In May 2014, the county issued the CSD an emergency permit to build the plant, a permit that limits use of what was then called the “Emergency Water Supply” project (EWS) to declared water-shortage/drought emergencies, and only for existing customers.
When the district began to seek a permanent permit for the plant (as was required by the emergency permit), CSD officials rebranded the plant as the Sustainable Water Facility.
A significant change being proposed for the permanent project affects a large holding pond. Whenever the plant was operating, the district had been pumping into the pond brine left over from the treatment process.

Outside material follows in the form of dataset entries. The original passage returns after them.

-- ===== src/Poller/Events/Expired.antt =====
-- A descriptor that was deleted while a batch is handled is not called for again in it.
use zltool_kit.Kit.{
  ℕ, ◌≡◌, inl, inr, refl, sym, ap, ◌∙◌, Bool, true, false, ◌||◌, List, [], ◌∷◌, ◌++◌, Option, none,
  some, ◌==◌, arith, append_assoc, append-nil, Bool-cases, pick_true, pick_false,
}
use mathlib.Core.Path.{subst}
use zltool_kit.Poller.Events.{
  Events, find, contains, add_event, del_found, del_event, Act, add_act, del_act, act, act_all,
  call_found, handle_event, handle_all,
}

abbrev pub called_for : ℕ → List (ℕ × ℕ) → Bool
called_for fd [] = false
called_for fd (c ∷ cs) = (fd == c.0) || called_for fd cs

-- What a part of a batch does for a descriptor that is expired: it stays so, and is not called for.
record IsSilent (fd : ℕ) (s t : Events) : Type 0 where
  expired : contains fd t.event_cache_expired ≡ true
  new : List (ℕ × ℕ)
  calls : t.calls ≡ s.calls ++ new
  silent : called_for fd new ≡ false

or-true : (b : Bool) → (b || true) ≡ true
or-true true = refl
or-true false = refl

differ :
    (fd other : ℕ) (xs : List ℕ)
    → contains fd xs ≡ true
    → contains other xs ≡ false
    → (fd == other) ≡ false
differ fd other xs h live = elim (Bool-cases (fd == other)) [
  | inr apart ↦ apart
  | inl equal ↦
      let e : fd ≡ other = ground arith in
      let there : contains other xs ≡ true = subst (λ x. contains x xs ≡ true) e h in cc
]

called_for-append :
    (fd : ℕ) (cs ds : List (ℕ × ℕ))
    → called_for fd cs ≡ false
    → called_for fd ds ≡ false
    → called_for fd (cs ++ ds) ≡ false
called_for-append fd [] ds h k = k
called_for-append fd (c ∷ cs) ds h k = elim (Bool-cases (fd == c.0)) [
  | inl equal ↦ let never : true ≡ false = sym (ap (λ b. b || called_for fd cs) equal) ∙ h in cc
  | inr apart ↦
      ap (λ b. b || called_for fd (cs ++ ds)) apart
      ∙ called_for-append fd cs ds (sym (ap (λ b. b || called_for fd cs) apart) ∙ h) k
]

del_found-expired :
    (fd gone : ℕ) (found : Option ℕ) (s : Events)
    → contains fd s.event_cache_expired ≡ true
    → (contains fd (del_found gone found s).event_cache_expired ≡ true)
      × ((del_found gone found s).calls ≡ s.calls)
del_found-expired fd gone none s h = (h, refl)
del_found-expired fd gone (some cb) s h =
    (ap (λ b. (fd == gone) || b) h ∙ or-true (fd == gone), refl)

act-expired :
    (fd : ℕ) (a : Act) (s : Events)
    → contains fd s.event_cache_expired ≡ true
    → (contains fd (act a s).event_cache_expired ≡ true) × ((act a s).calls ≡ s.calls)
unfolding act add_event del_event
act-expired fd (add_act ok new cb) s h = (h, refl)
act-expired fd (del_act gone) s h = del_found-expired fd gone (find gone s.event_map) s h

act_all-expired :
    (fd : ℕ) (acts : List Act) (s : Events)
    → contains fd s.event_cache_expired ≡ true
    → (contains fd (act_all acts s).event_cache_expired ≡ true) × ((act_all acts s).calls ≡ s.calls)
act_all-expired fd [] s h = (h, refl)
act_all-expired fd (a ∷ rest) s h =
    let (h1, c1) = act-expired fd a s h in
    let (h2, c2) = act_all-expired fd rest (act a s) h1 in (h2, c2 ∙ c1)

call_found-IsSilent :
    (acts : ℕ → List Act) (fd other : ℕ) (found : Option ℕ) (s : Events)
    → contains fd s.event_cache_expired ≡ true
    → (fd == other) ≡ false
    → IsSilent fd s (call_found acts other found s)
call_found-IsSilent acts fd other none s h e = record {
  expired = h;
  new = [];
  calls = sym (append-nil s.calls);
  silent = refl;
}
call_found-IsSilent acts fd other (some cb) s h e =
    let (h1, c1) =
      act_all-expired fd (acts cb) (record s { calls = s.calls ++ ((other, cb) ∷ []) }) h in
    record { expired = h1; new = (other, cb) ∷ []; calls = c1; silent = rw e refl }

handle_event-IsSilent :
    (acts : ℕ → List Act) (fd other : ℕ) (s : Events)
    → contains fd s.event_cache_expired ≡ true
    → IsSilent fd s (handle_event acts other s)
unfolding handle_event
handle_event-IsSilent acts fd other s h = elim (Bool-cases (contains other s.event_cache_expired)) [
  | inl skip ↦
      subst (IsSilent fd s) (sym (pick_true _ _ skip))
        (record { expired = h; new = []; calls = sym (append-nil s.calls); silent = refl })
  | inr live ↦ subst (IsSilent fd s) (sym (pick_false _ _ live)) (
      call_found-IsSilent acts fd other (find other s.event_map) s h
        (differ fd other s.event_cache_expired h live))
]

handle_all-IsSilent :
    (acts : ℕ → List Act) (fd : ℕ) (fds : List ℕ) (s : Events)
    → contains fd s.event_cache_expired ≡ true
    → IsSilent fd s (handle_all acts fds s)
handle_all-IsSilent acts fd [] s h = record {
  expired = h;
  new = [];
  calls = sym (append-nil s.calls);
  silent = refl;
}
handle_all-IsSilent acts fd (other ∷ fds) s h =
    let a = handle_event-IsSilent acts fd other s h in
    let b = handle_all-IsSilent acts fd fds (handle_event acts other s) a.expired in
    record {
      expired = b.expired;
      new = a.new ++ b.new;
      calls = b.calls ∙ (ap (λ x. x ++ b.new) a.calls ∙ append_assoc s.calls a.new b.new);
      silent = called_for-append fd a.new b.new a.silent b.silent;
    }

del_event-expired :
    (fd cb : ℕ) (s : Events)
    → find fd s.event_map ≡ some cb
    → (contains fd (del_event fd s).event_cache_expired ≡ true) × ((del_event fd s).calls ≡ s.calls)
unfolding del_event
del_event-expired fd cb s h =
    let itself : (fd == fd) ≡ true = ground arith in
    subst
      (λ o.
        (contains fd (del_found fd o s).event_cache_expired ≡ true)
        × ((del_found fd o s).calls ≡ s.calls))
      (sym h) (ap (λ b. b || contains fd s.event_cache_expired) itself, refl)

-- Once a registered descriptor has been deleted while a batch is handled, no callback is called for it in the rest
-- of the batch, whatever the callback that deleted it still does, and whatever events follow, even if it
-- was added again in between.
pub del_event_lem :
    (acts : ℕ → List Act) (rest : List Act) (after : List ℕ) (fd cb : ℕ) (s : Events)
    → find fd s.event_map ≡ some cb
    → (new : List (ℕ × ℕ)) × ((handle_all acts after (act_all rest (del_event fd s))).calls
        ≡ s.calls ++ new)
      × (called_for fd new ≡ false)
del_event_lem acts rest after fd cb s h =
    let (gone, calls) = del_event-expired fd cb s h in
    let (kept, same) = act_all-expired fd rest (del_event fd s) gone in
    let x = handle_all-IsSilent acts fd after (act_all rest (del_event fd s)) kept in
    (x.new, x.calls ∙ ap (λ c. c ++ x.new) (same ∙ calls), x.silent)
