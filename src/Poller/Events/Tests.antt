-- ===== src/Poller/Events/Tests.antt =====
-- A callback that closes another descriptor and opens it again.
use zltool_kit.Kit.{ℕ, ◌≡◌, refl, true, false, List, [], ◌∷◌, ◌++◌, ◌==◌, if◌then◌else◌}
use zltool_kit.Poller.Events.{
  Events, Act, add_act, del_act, add_event, del_event, act, act_all, handle_event, handle_all,
  run_batch,
}
use zltool_kit.Poller.Events.Expired.{called_for, del_event_lem}

abbrev two_fds : Events
two_fds = record {
  event_map = (5, 50) ∷ (6, 60) ∷ [];
  event_cache_expired = [];
  fd_count = 2;
  calls = [];
}

abbrev reopens : ℕ → List Act
reopens cb = if cb == 50 then del_act 6 ∷ add_act true 6 61 ∷ [] else []

-- The old event of descriptor 6 does not reach the new callback.
reopened : run_batch reopens (5 ∷ 6 ∷ []) two_fds ≡ record {
  event_map = (6, 61) ∷ (5, 50) ∷ [];
  event_cache_expired = 6 ∷ [];
  fd_count = 2;
  calls = (5, 50) ∷ [];
}
unfolding run_batch handle_event act add_event del_event
reopened = refl

del_event_lem_example :
    (new : List (ℕ × ℕ)) × ((handle_all reopens
        (6 ∷ 5 ∷ [])
        (act_all (add_act true 6 61 ∷ []) (del_event 6 two_fds))).calls
      ≡ [] ++ new)
    × (called_for 6 new ≡ false)
del_event_lem_example =
    del_event_lem reopens (add_act true 6 61 ∷ []) (6 ∷ 5 ∷ []) 6 60 two_fds refl
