-- ===== src/Poller/Timer.antt =====
-- src/Poller/Timer.cpp: timers over the delayed tasks of a poller, and the part of TaskCancelableImp of
-- src/Thread/TaskExecutor.h that their end uses. A timer is a number; what its callback answers is an argument.
use zltool_kit.Kit.{
  ℕ, ◌*◌, Bool, true, false, List, [], ◌∷◌, ◌++◌, Option, none, some, if◌then◌else◌, length, get_or,
  set,
}
use zltool_kit.Poller.Delay.{Call, do_delay_task, flush_delay_task}
pub mod Repeats
mod Tests

-- How a callback ends.
pub data Answer : Type 0 where
  again : Answer
  enough : Answer
  throws : Answer

-- A timer's delay in milliseconds, and whether its task holds the function (`_strongTask`).
pub record Timer : Type 0 where
  interval : ℕ
  strong : Bool

abbrev pub no_timer : Timer
no_timer = record { interval = 0; strong = false }

-- The timers made, and the map of delayed tasks.
pub record Timers : Type 0 where
  made : List Timer
  tasks : List (ℕ × ℕ)

abbrev pub timer_of : ℕ → Timers → Timer
timer_of t s = get_or s.made t no_timer

-- The function that the constructor gives to doDelayTask.
unfoldable pub timer_task : (interval : ℕ) → Answer → ℕ
timer_task interval again = interval
timer_task interval enough = 0
timer_task interval throws = interval

-- A call of the task: a cancelled one returns 0.
unfoldable pub call_task : (Timer) → Answer → ℕ
call_task timer answer = if timer.strong then timer_task timer.interval answer else 0

unfoldable pub run_timer : Timers → (answers : ℕ → Answer) → ℕ → Call ℕ
run_timer s answers t = record {
  next_delay = some (call_task (timer_of t s) (answers t));
  added = [];
}

unfoldable pub new_timer : (now interval : ℕ) → Timers → Timers
new_timer now interval s = record s {
  made = s.made ++ (record { interval = interval; strong = true } ∷ []);
  tasks = do_delay_task now interval (length s.made) s.tasks;
}

-- The destructor: the task stays in the map, without its function.
unfoldable pub delete_timer : ℕ → Timers → Timers
delete_timer t s = record s { made = set s.made t (record (timer_of t s) { strong = false }) }

unfoldable pub flush_timers : (now : ℕ) → (answers : ℕ → Answer) → Timers → Timers
flush_timers now answers s = record s {
  tasks = (flush_delay_task (run_timer s answers) now s.tasks).1.0;
}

In the new plan, the pond would hold freshwater — about 6 to 7 million gallons of it — which would then be available as is to supply firefighting aircraft and, after surface-water treatment, as potable or drinking water.
The plant filters and treats a brackish blend of fresh, salt and treated wastewater, then injects it back into the aquifer to flow toward and into the San Simeon Creek wells that provide much of Cambria’s municipal supply.
Highly treated water, especially that produced by reverse osmosis, can be so pure that it’s corrosive to the injection well, other municipal equipment and infrastructure and customers’ plumbing. General Manager Jerry Gruber said the plant’s treatment process includes the addition of calcium carbonate “to provide a protective scale to the pipes and the injection well.”
The rest of the town’s water comes from the Santa Rosa Creek aquifer.
Tracer test
In an email interview Tuesday, Sept. 27, Gruber said of the tracer test that “we are waiting for one minor part to be delivered, and we do anticipate the test starting today.”
In the tests, sodium bromide is added to the treated water before it is injected back into the aquifer. As the tests progresses, water samples are drawn to determine how quickly the tracer water is flowing toward the wells.
Gruber said the minimum “two-month travel time is a requirement for indirect reuse” of recycled water as potable water.
The sodium bromide stays in the water that goes into the wells. Gruber said, “The element does remain at extremely low concentrations. However, it does not result in any changes to the taste, color or viscosity of the water that our customers receive.”
He said the “tracer test in its entirety has been approved by the Division of Drinking Water and deemed completely safe.”
The plant has been operating and functioning for a couple of days a week since earlier this month, but the operation has been in closed-circuit mode, recycling water back through the system, rather than putting the treated water into the town’s water supply.
Once the tracer test begins, the district can add an EWS Facility Operating Charge to customers’ bills. Gruber said crews were to have read the meters Sept. 27 and 28, and the district would begin levying appropriate charges Saturday, Oct. 1.
Those costs, charged only when the plant is operating, are in addition to the EWS water base charge and EWS water usage charge that customers pay bimonthly, along with their usual bills.
Kathe Tanner: 805-927-4140
CCSD workshop
The Cambria Community Services District will hold a public workshop on the Sustainable Water Facility’s draft subsequent environmental impact report (EIR) at 9 a.m. Thursday, Oct. 6, in the Veterans Memorial Building, 1000 Main St.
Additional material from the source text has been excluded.